Erich Klemm, VDA/IAA Symposium, Frankfurt 11. September 2013 5 Dass im Rahmen dieser Zielsetzung die Lasten sehr ungleich verteilt sind und die Hersteller von Premiumfahrzeugen eine sehr viel größere Last tragen müssen als Hersteller kleinerer Fahrzeuge ist schmerzhaft, aber wohl nicht zu vermeiden. Was ich aber nicht nachvollziehen kann, ist die Tatsache, dass der europäische Gesetzgeber bisher nicht bereit ist, besondere Anstrengungen mit Fahrzeugen ohne oder geringer lokaler Emission durch angemessene Multiplikatoren von Superkredits zu belohnen bzw.
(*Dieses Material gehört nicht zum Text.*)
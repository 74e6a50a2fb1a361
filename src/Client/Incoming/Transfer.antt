-- ===== src/Client/Incoming/Transfer.antt =====
-- A whole transfer: chunks that make up the offered size, and the file that they leave.
use cloud_node.Base.{
  ltb, Bool-cases, length, length-append, ◌==◌, ==_refl, nat_ord, Text, text_ord, pair_ord, ℕ, ◌+◌,
  ◌<◌, ◌≡◌, refl, sym, ap, ◌∙◌, subst, inl, inr, true, false, Option, none, some, List, [], ◌∷◌,
  ◌++◌, append-nil, append_assoc, arith,
}
use cloud_node.Base.Dict.{lookup, insert, lookup-insert, lookup-erase}
use cloud_node.Base.Set
use cloud_node.Json.{pos}
use cloud_node.Client.State.{run, Key, IncomingFile, Client, Env}
use cloud_node.Client.Incoming.{
  unfinished, complete, progress, start_next_incoming, finish_front, write_front, contents,
  on_queue, on_incoming_chunk,
}

-- Chunks of one sender and room, in their order.
pub deliver : Env → Key → List Text → Client → Client
deliver env key [] c = c
deliver env key (bytes ∷ chunks) c = deliver env key chunks (on_incoming_chunk env key bytes c)

abbrev pub concat : List Text → Text
concat [] = []
concat (bytes ∷ chunks) = bytes ++ concat chunks

-- What a transfer to a path leaves: the bytes stand behind those that were there, the path is
-- noted, the queue is gone, and the client runs.
pub record IsReceived (env : Env) (key : Key) (path bytes : Text) (c d : Client) : Type 0 where
  pub on_disk : contents env path d.disk ≡ contents env path c.disk ++ bytes
  pub noted : Set.contains (env.absolute path) d.received_paths ≡ true
  pub emptied : lookup key d.incoming_files ≡ none
  pub running : d.state ≡ run
  pub other_files : (p : Text) → p == path ≡ false → lookup p d.disk ≡ lookup p c.disk
  pub other_queues :
      (k : Key) → k == key ≡ false → lookup k d.incoming_files ≡ lookup k c.incoming_files

-- A file that is open at a place, of an offered size.
abbrev pub front : Text → ℕ → ℕ → IncomingFile
front path m n = record { destination = path; expected_size = pos m; is_open = true; written = n }

pub length-zero : (t : Text) → length t ≡ 0 → t ≡ []
length-zero [] h = refl
length-zero (b ∷ t) h = absurd (omega (arith, h))

module _ (env : Env) (key : Key) (path : Text) (m : ℕ) (writable : env.writable path ≡ true) where
  pub progress-unfinished : (n k : ℕ) → k < m → progress env (front path m n) k ≡ unfinished
  unfolding progress
  progress-unfinished n k h = ground (arith, writable)

  progress-complete : (n k : ℕ) → k ≡ m → progress env (front path m n) k ≡ complete
  unfolding progress
  progress-complete n k h = ground (arith, writable)

  abbrev appended : Text → Client → Client
  appended bytes c = record c { disk = insert path (contents env path c.disk ++ bytes) c.disk }

  write_unfinished :
      (n : ℕ) (bytes : Text) (c : Client)
      → n + length bytes < m
      → write_front env key (front path m n) [] bytes c ≡ record (appended bytes c) {
        incoming_files = insert key (front path m (n + length bytes) ∷ []) c.incoming_files;
      }
  unfolding write_front
  write_unfinished n bytes c h = rw (progress-unfinished n (n + length bytes) h, writable) refl

  write_complete :
      (n : ℕ) (bytes : Text) (c : Client)
      → n + length bytes ≡ m
      → write_front env key (front path m n) [] bytes c
        ≡ record (finish_front env key (front path m n) [] (appended bytes c)) { state = run }
  unfolding write_front
  write_complete n bytes c h = rw (progress-complete n (n + length bytes) h, writable) refl

  on_incoming_chunk-write_front :
      (n : ℕ) (bytes : Text) (c : Client)
      → lookup key c.incoming_files ≡ some (front path m n ∷ [])
      → on_incoming_chunk env key bytes c ≡ write_front env key (front path m n) [] bytes c
  unfolding on_incoming_chunk
  on_incoming_chunk-write_front n bytes c h =
      ap (λ (o : Option (List IncomingFile)). on_queue env o key bytes c) h

  finish-IsReceived :
      (n : ℕ) (bytes : Text) (c : Client)
      → IsReceived env key path bytes c
          (record (finish_front env key (front path m n) [] (appended bytes c)) { state = run })
  unfolding finish_front start_next_incoming
  finish-IsReceived n bytes c = record {
    on_disk =
        ground
          (arith, ==_refl path, lookup-insert path path (contents env path c.disk ++ bytes) c.disk);
    noted = ground (
      arith,
      ==_refl (env.absolute path),
      Set.contains-insert (env.absolute path) (env.absolute path) c.received_paths,
    );
    emptied = ground (arith, ==_refl key, lookup-erase key key c.incoming_files);
    running = refl;
    other_files =
        λ p h. ground (arith, h, lookup-insert p path (contents env path c.disk ++ bytes) c.disk);
    other_queues = λ k h. ground (arith, h, lookup-erase k key c.incoming_files);
  }

  deliver-absent :
      (chunks : List Text) (c : Client)
      → lookup key c.incoming_files ≡ none
      → deliver env key chunks c ≡ c
  unfolding deliver on_incoming_chunk
  deliver-absent [] c h = refl
  deliver-absent (bytes ∷ chunks) c h =
      ap (λ (o : Option (List IncomingFile)). deliver env key chunks (on_queue env o key bytes c)) h
      ∙ deliver-absent chunks c h

  IsReceived-after :
      (bytes rest : Text) (q : List IncomingFile) (c d : Client)
      → IsReceived env key path rest
          (record (appended bytes c) { incoming_files = insert key q c.incoming_files })
          d
      → IsReceived env key path (bytes ++ rest) c d
  IsReceived-after bytes rest q c d r = record {
    on_disk =
        r.on_disk
        ∙ ground (
          arith,
          ==_refl path,
          lookup-insert path path (contents env path c.disk ++ bytes) c.disk,
          append_assoc (contents env path c.disk) bytes rest,
        );
    noted = r.noted;
    emptied = r.emptied;
    running = r.running;
    other_files = λ p h.
        r.other_files p h
        ∙ ground (arith, h, lookup-insert p path (contents env path c.disk ++ bytes) c.disk);
    other_queues =
        λ k h. r.other_queues k h ∙ ground (arith, h, lookup-insert k key q c.incoming_files);
  }

  -- A file that can be written, is open at a place before its offered size and is alone in its queue:
  -- after chunks that together bring it to that size, its bytes are those that were there and then
  -- those of the chunks, its path is noted as received, the queue is gone, the client runs, whatever
  -- its state was, and the other files and queues are as before.
  pub deliver-IsReceived :
      (chunks : List Text) (n : ℕ) (c : Client)
      → lookup key c.incoming_files ≡ some (front path m n ∷ [])
      → n < m
      → n + length (concat chunks) ≡ m
      → IsReceived env key path (concat chunks) c (deliver env key chunks c)
  unfolding deliver
  deliver-IsReceived [] n c h l e = absurd (omega (arith, l, e))
  deliver-IsReceived (bytes ∷ chunks) n c h l e =
      let total : n + (length bytes + length (concat chunks)) ≡ m =
        ap (λ (k : ℕ). n + k) (sym (length-append bytes (concat chunks))) ∙ e in
      elim (Bool-cases (ltb (n + length bytes) m)) [
        | inl p ↦
            let less : n + length bytes < m = ground arith in
            let next = record (appended bytes c) {
              incoming_files = insert key (front path m (n + length bytes) ∷ []) c.incoming_files;
            } in
            let ih =
              deliver-IsReceived chunks (n + length bytes) next
                (ground (
                  arith,
                  ==_refl key,
                  lookup-insert key key (front path m (n + length bytes) ∷ []) c.incoming_files,
                ))
                less (ground arith) in
            let same : on_incoming_chunk env key bytes c ≡ next =
              on_incoming_chunk-write_front n bytes c h ∙ write_unfinished n bytes c less in
            subst
              (λ (d : Client).
                IsReceived env key path (bytes ++ concat chunks) c (deliver env key chunks d))
              (sym same) (IsReceived-after bytes (concat chunks) _ c _ ih)
        | inr p ↦
            let full : n + length bytes ≡ m = ground arith in
            let none_left : length (concat chunks) ≡ 0 = ground arith in
            let last = record (finish_front env key (front path m n) [] (appended bytes c)) {
              state = run;
            } in
            let same : on_incoming_chunk env key bytes c ≡ last =
              on_incoming_chunk-write_front n bytes c h ∙ write_complete n bytes c full in
            let r = finish-IsReceived n bytes c in
            let end : deliver env key chunks (on_incoming_chunk env key bytes c) ≡ last =
              ap (deliver env key chunks) same ∙ deliver-absent chunks last r.emptied in
            let whole : bytes ≡ bytes ++ concat chunks =
              sym (append-nil bytes)
              ∙ ap (λ (t : Text). bytes ++ t) (sym (length-zero (concat chunks) none_left)) in
            subst
              (λ (t : Text).
                IsReceived env key path t c
                  (deliver env key chunks (on_incoming_chunk env key bytes c)))
              whole (subst (λ (d : Client). IsReceived env key path bytes c d) (sym end) r)
      ]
Ökoinnovationen unbürokratisch anzurechnen. Dadurch könnte unsere high tech geprägte Industrie zeigen, was möglich ist, und manche technische Lösung, die sonst nie Marktreife erreichen würde, bekäme eine Chance. Ich bin überzeugt, es würde langfristig der Umwelt, unserer Industrie und auch den Arbeitsplätzen mehr nützen als das, was zurzeit vorgeschlagen ist. Zumal Europa die einmalige Chance hätte, Forschungs- und Innovationsförderung zu betreiben, ohne dafür selber einen Cent aufwenden zu müssen. Lassen Sie mich zusammenfassen: Die Automobilproduktion in Deutschland hat gute Chancen weiterhin, sich erfolgreich weiterzuentwickeln wenn die Entscheidungsträger ausgewogen die richtigen Entscheidungen treffen. Darüber lohnt es sich, gemeinsam nachzudenken und auch Verantwortung zu übernehmen.